Data items:

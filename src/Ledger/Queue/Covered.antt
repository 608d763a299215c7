-- ===== src/Ledger/Queue/Covered.antt =====
-- Requests in the queue whose ids have timers.
use vesper_platform.Base.{
  ℕ, String, ◌≡◌, refl, sym, ◌∙◌, inl, inr, Bool, true, false, none, List, [], ◌∷◌, ◌++◌, arith,
  if◌then◌else◌, Bytes, str_eq, eq_iff, Bool-cases, subst,
}
use vesper_platform.Ledger.Fallback.View.{drop_key, find_key}
use vesper_platform.Ledger.Queue.{TimerMap, timer_of, delete_timer}
use vesper_platform.Ledger.Queue.Timers.{timer_of-delete_timer_other, timer_of-append}

-- No id without a timer is in the list.
abbrev pub AreCovered : TimerMap → List (String × Bytes) → Type 0
AreCovered m es = (id : String) → timer_of id m ≡ none → find_key id es ≡ none

pub find_key-drop_self :
    (id : String) (es : List (String × Bytes)) → find_key id (drop_key id es) ≡ none
unfolding find_key drop_key
find_key-drop_self id [] = refl
find_key-drop_self id ((k, v) ∷ es) = ground (arith, find_key-drop_self id es)

find_key-drop_none :
    (id j : String) (es : List (String × Bytes))
    → find_key j es ≡ none
    → find_key j (drop_key id es) ≡ none
unfolding find_key drop_key
find_key-drop_none id j [] e = refl
find_key-drop_none id j ((k, v) ∷ es) e = ground (arith, find_key-drop_none id j es)

find_key-append_none :
    (j id : String) (v : Bytes) (es : List (String × Bytes))
    → find_key j es ≡ none
    → str_eq id j ≡ false
    → find_key j (es ++ (id, v) ∷ []) ≡ none
unfolding find_key
find_key-append_none j id v [] e n = ground arith
find_key-append_none j id v ((k, w) ∷ es) e n = ground (arith, find_key-append_none j id v es)

pub AreCovered-drop :
    (id : String) (m : TimerMap) (es : List (String × Bytes))
    → AreCovered m es
    → AreCovered (delete_timer id m) (drop_key id es)
AreCovered-drop id m es c j e = elim (Bool-cases (str_eq id j)) [
  | inl y ↦
      subst (λ k. find_key k (drop_key id es) ≡ none) ((eq_iff id j).0 y) (find_key-drop_self id es)
  | inr n ↦ find_key-drop_none id j es (c j (sym (timer_of-delete_timer_other id j m n) ∙ e))
]

pub AreCovered-put :
    (id : String) (h : ℕ) (v : Bytes) (m : TimerMap) (es : List (String × Bytes))
    → AreCovered m es
    → AreCovered (m ++ (id, h) ∷ []) (es ++ (id, v) ∷ [])
AreCovered-put id h v m es c j e =
    let (k, n) = timer_of-append j id h m e in find_key-append_none j id v es (c j k) n

pub AreCovered-timer :
    (id : String) (h : ℕ) (m : TimerMap) (es : List (String × Bytes))
    → AreCovered m es
    → AreCovered (m ++ (id, h) ∷ []) es
AreCovered-timer id h m es c j e = c j (timer_of-append j id h m e).0

-- A request that a ledger keeps only while it is offline, and its timer, set in both cases.
pub AreCovered-execute :
    (is_online : Bool) (id : String) (h : ℕ) (v : Bytes) (m : TimerMap) (es : List (String × Bytes))
    → AreCovered m es
    → AreCovered (m ++ (id, h) ∷ []) (if is_online then es else es ++ (id, v) ∷ [])
AreCovered-execute true id h v m es c = AreCovered-timer id h m es c
AreCovered-execute false id h v m es c = AreCovered-put id h v m es c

- _To do_: Would you print, exactly as written, every line above from the one holding "find_key-drop_self id [] = refl" through the one holding "m) (drop_key id es)", with both included and no other lines?

- _Response to the exercise_:
find_key-drop_self id [] = refl
find_key-drop_self id ((k, v) ∷ es) = ground (arith, find_key-drop_self id es)

find_key-drop_none :
    (id j : String) (es : List (String × Bytes))
    → find_key j es ≡ none
    → find_key j (drop_key id es) ≡ none
unfolding find_key drop_key
find_key-drop_none id j [] e = refl
find_key-drop_none id j ((k, v) ∷ es) e = ground (arith, find_key-drop_none id j es)

find_key-append_none :
    (j id : String) (v : Bytes) (es : List (String × Bytes))
    → find_key j es ≡ none
    → str_eq id j ≡ false
    → find_key j (es ++ (id, v) ∷ []) ≡ none
unfolding find_key
find_key-append_none j id v [] e n = ground arith
find_key-append_none j id v ((k, w) ∷ es) e n = ground (arith, find_key-append_none j id v es)

pub AreCovered-drop :
    (id : String) (m : TimerMap) (es : List (String × Bytes))
    → AreCovered m es
    → AreCovered (delete_timer id m) (drop_key id es)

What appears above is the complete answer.